Think about this: tests are just another client of your application code. This means that they, too, should be decoupled from too much implementation details. They should be thought out and designed properly. Only then they can give you the confidence that you count for. Fortunately, having a good design of the application code often improves the design of the tests.
So why we choose nouns?
Coming back to the beginning — when modelling the system, let’s start to think about processes, features and actions instead of data structures or database tables.
But why do we often start with nouns? This may be caused by the misunderstanding of the Object Oriented programming which was, for a long time, the most popular programming paradigm. We was really focused on objects and missed the key idea. In the words of Alan Key, the father of object orientation:
Smalltalk is not only NOT its syntax or the class library, it is not even about classes.

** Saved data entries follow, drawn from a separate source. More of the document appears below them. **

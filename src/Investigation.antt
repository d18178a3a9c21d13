-- ===== src/Investigation.antt =====
-- internal/investigation/orchestrator.go: investigations of rollouts, at most so many at a time, where
-- a new one of a deployment supersedes the one before.
pub mod Cache
pub mod Slots
pub mod Superseded
mod Examples
use k8s_deploy_monitor_opera.Prelude.{
  ℕ, ◌+◌, ◌-◌, Bool, true, false, not, ◌&&◌, ◌||◌, Option, none, some, List, [], ◌∷◌, GoString, Map,
  lookup, insert, remove, any, ltb, eqb, ◌==◌, on_some, if◌then◌else◌,
}
use k8s_deploy_monitor_opera.Investigation.Cache.{
  InvestigationStatus, StatusCache, new_status_cache, update_status,
}

-- Investigations are numbered in the order in which they are registered, and a cancel function is
-- the number of what it cancels. The calls of `Investigate` that are under way are the keys in
-- `waiting`, which have superseded, and in `admitted`, which hold a slot. The goroutines are the
-- pairs in `running` and, once they have cleaned up, the numbers in `closing`.
pub record Orchestrator : Type 0 where
  pub max_concurrent : ℕ
  pub active : Map ℕ
  pub slots : ℕ
  pub waiting : List GoString
  pub admitted : List GoString
  pub running : List (ℕ × GoString)
  pub closing : List ℕ
  pub cancelled : List ℕ
  pub registered : ℕ
  pub stopped : Bool
  pub statuses : StatusCache

unfoldable pub new_orchestrator : ℕ → Orchestrator
new_orchestrator max_concurrent = record {
  max_concurrent = max_concurrent;
  active = [];
  slots = 0;
  waiting = [];
  admitted = [];
  running = [];
  closing = [];
  cancelled = [];
  registered = 0;
  stopped = false;
  statuses = new_status_cache;
}

-- one occurrence is taken out of a list
unfoldable pub take_key : GoString → List GoString → List GoString
take_key key [] = []
take_key key (k ∷ keys) = let rest = take_key key keys in if k == key then keys else k ∷ rest

unfoldable pub take_number : ℕ → List ℕ → List ℕ
take_number n [] = []
take_number n (m ∷ ms) = let rest = take_number n ms in if eqb m n then ms else m ∷ rest

abbrev pub same_run : ℕ → GoString → ℕ × GoString → Bool
same_run n key r = eqb r.0 n && r.1 == key

unfoldable pub take_run : ℕ → GoString → List (ℕ × GoString) → List (ℕ × GoString)
take_run n key [] = []
take_run n key (r ∷ rs) = let rest = take_run n key rs in if same_run n key r then rs else r ∷ rest

abbrev pub is_key : GoString → List GoString → Bool
is_key key keys = any (λ k. k == key) keys

abbrev pub is_running : ℕ → GoString → Orchestrator → Bool
is_running n key o = any (same_run n key) o.running

-- the context of an investigation is done
unfoldable pub is_cancelled : ℕ → Orchestrator → Bool
is_cancelled n o = o.stopped || any (λ m. eqb m n) o.cancelled

-- The start of `Investigate`, under the mutex: what is active for the key is cancelled.
unfoldable pub supersede : GoString → Orchestrator → Orchestrator
supersede key o =
    let o' : Orchestrator = record o { waiting = key ∷ o.waiting } in
    on_some (lookup key o.active) o'
      (λ n. record o' { active = remove key o.active; cancelled = n ∷ o.cancelled })

-- A call goes on only if the orchestrator is not stopped and a slot is free.
unfoldable pub admit : GoString → Orchestrator → Orchestrator
admit key o =
    let o' : Orchestrator = record o { waiting = take_key key o.waiting } in
    if not (is_key key o.waiting)
    then o
    else if o.stopped
    then o'
    else if ltb o.slots o.max_concurrent
    then record o' { slots = o.slots + 1; admitted = key ∷ o.admitted }
    else o'

-- The end of `Investigate`: the cancel function is stored and the goroutine is started.
unfoldable pub register : GoString → Orchestrator → Orchestrator
register key o =
    if is_key key o.admitted
    then record o {
      admitted = take_key key o.admitted;
      active = insert key o.registered o.active;
      running = (o.registered, key) ∷ o.running;
      registered = o.registered + 1;
    }
    else o

-- `Investigate` where nothing else happens meanwhile
unfoldable pub investigate : GoString → Orchestrator → Orchestrator
investigate key o = register key (admit key (supersede key o))

-- The body of the goroutine: the status that the report gives is stored, `none` being an error. An
-- error of the post is passed over, unless the investigation is cancelled.
unfoldable pub conclude :
    ℕ → GoString → Option InvestigationStatus → Bool → Orchestrator → Orchestrator
conclude n key result posted o =
    if not (is_running n key o)
    then o
    else if not posted && is_cancelled n o
    then o
    else on_some result o (λ s. record o { statuses = update_status s o.statuses })

-- the deferred clean-up, under the mutex: the entry of the key is deleted
unfoldable pub clean_up : ℕ → GoString → Orchestrator → Orchestrator
clean_up n key o =
    if is_running n key o
    then record o {
      active = remove key o.active;
      running = take_run n key o.running;
      closing = n ∷ o.closing;
      cancelled = n ∷ o.cancelled;
    }
    else o

-- the other deferred call: the slot is given back
unfoldable pub release : ℕ → Orchestrator → Orchestrator
release n o =
    if any (λ m. eqb m n) o.closing
    then record o { slots = o.slots - 1; closing = take_number n o.closing }
    else o

-- `Stop`, which then waits for the goroutines
unfoldable pub stop : Orchestrator → Orchestrator
stop o = record o { stopped = true }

I’m sorry that I long ago coined the term “objects” for this topic because it gets many people to focus on the lesser idea.
The big idea is “messaging” — that is what the kernal of Smalltalk/Squeak is all about. (…) The key in making great and growable systems is much more to design how its modules communicate rather than what their internal properties and behaviors should be.
So don’t start with the properties. Even though there’s some real person in front of the device, this doesn’t mean that you should have some
User entity with all of his/her properties. Think about how the components of the system should communicate to accomplish any given task. Only then figure out what data structures are necessary to implement this.
Of course designing the system this way requires more initial work. It seems easier to just dump everything to the
User schema. But remember that it’s only easy because when adding new features, you just think about one thing at a time.
It gets harder when you have to change things. To make the change you have to create the mental model of the entire system, understand the connections, wonder if anything will break. And unfortunately, most of our work is changing existing systems, not adding new features. So with a little more initial work, you’re be able to make your life a lot easier in the future. You’ll thank yourself later.
Another thing that may worry you is performance. You might think that splitting the system into isolated component would be slower because you would often have to make more queries to the database to get the necessary information (instead of just fetching the entire
User). And while this statement might be true, the truth is that most of the time it doesn’t matter at all. Computers and database are really fast these days and they really can handle it. You might want to optimise things later, but as always - premature optimisation is the root of all evil. As someone smart once said: “First make it work, then make it elegant. Only then, if necessary, make it fast, while keeping it elegant”. So optimise only when it’s absolutely necessary and you have the data to prove that it is.
Think about verbs instead of nouns. Model the system around features, not data. Think before you start writing code. Creating software is a marathon, not a sprint. Don’t be afraid to sacrifice initial productivity for a better architecture. It will help you in the log run.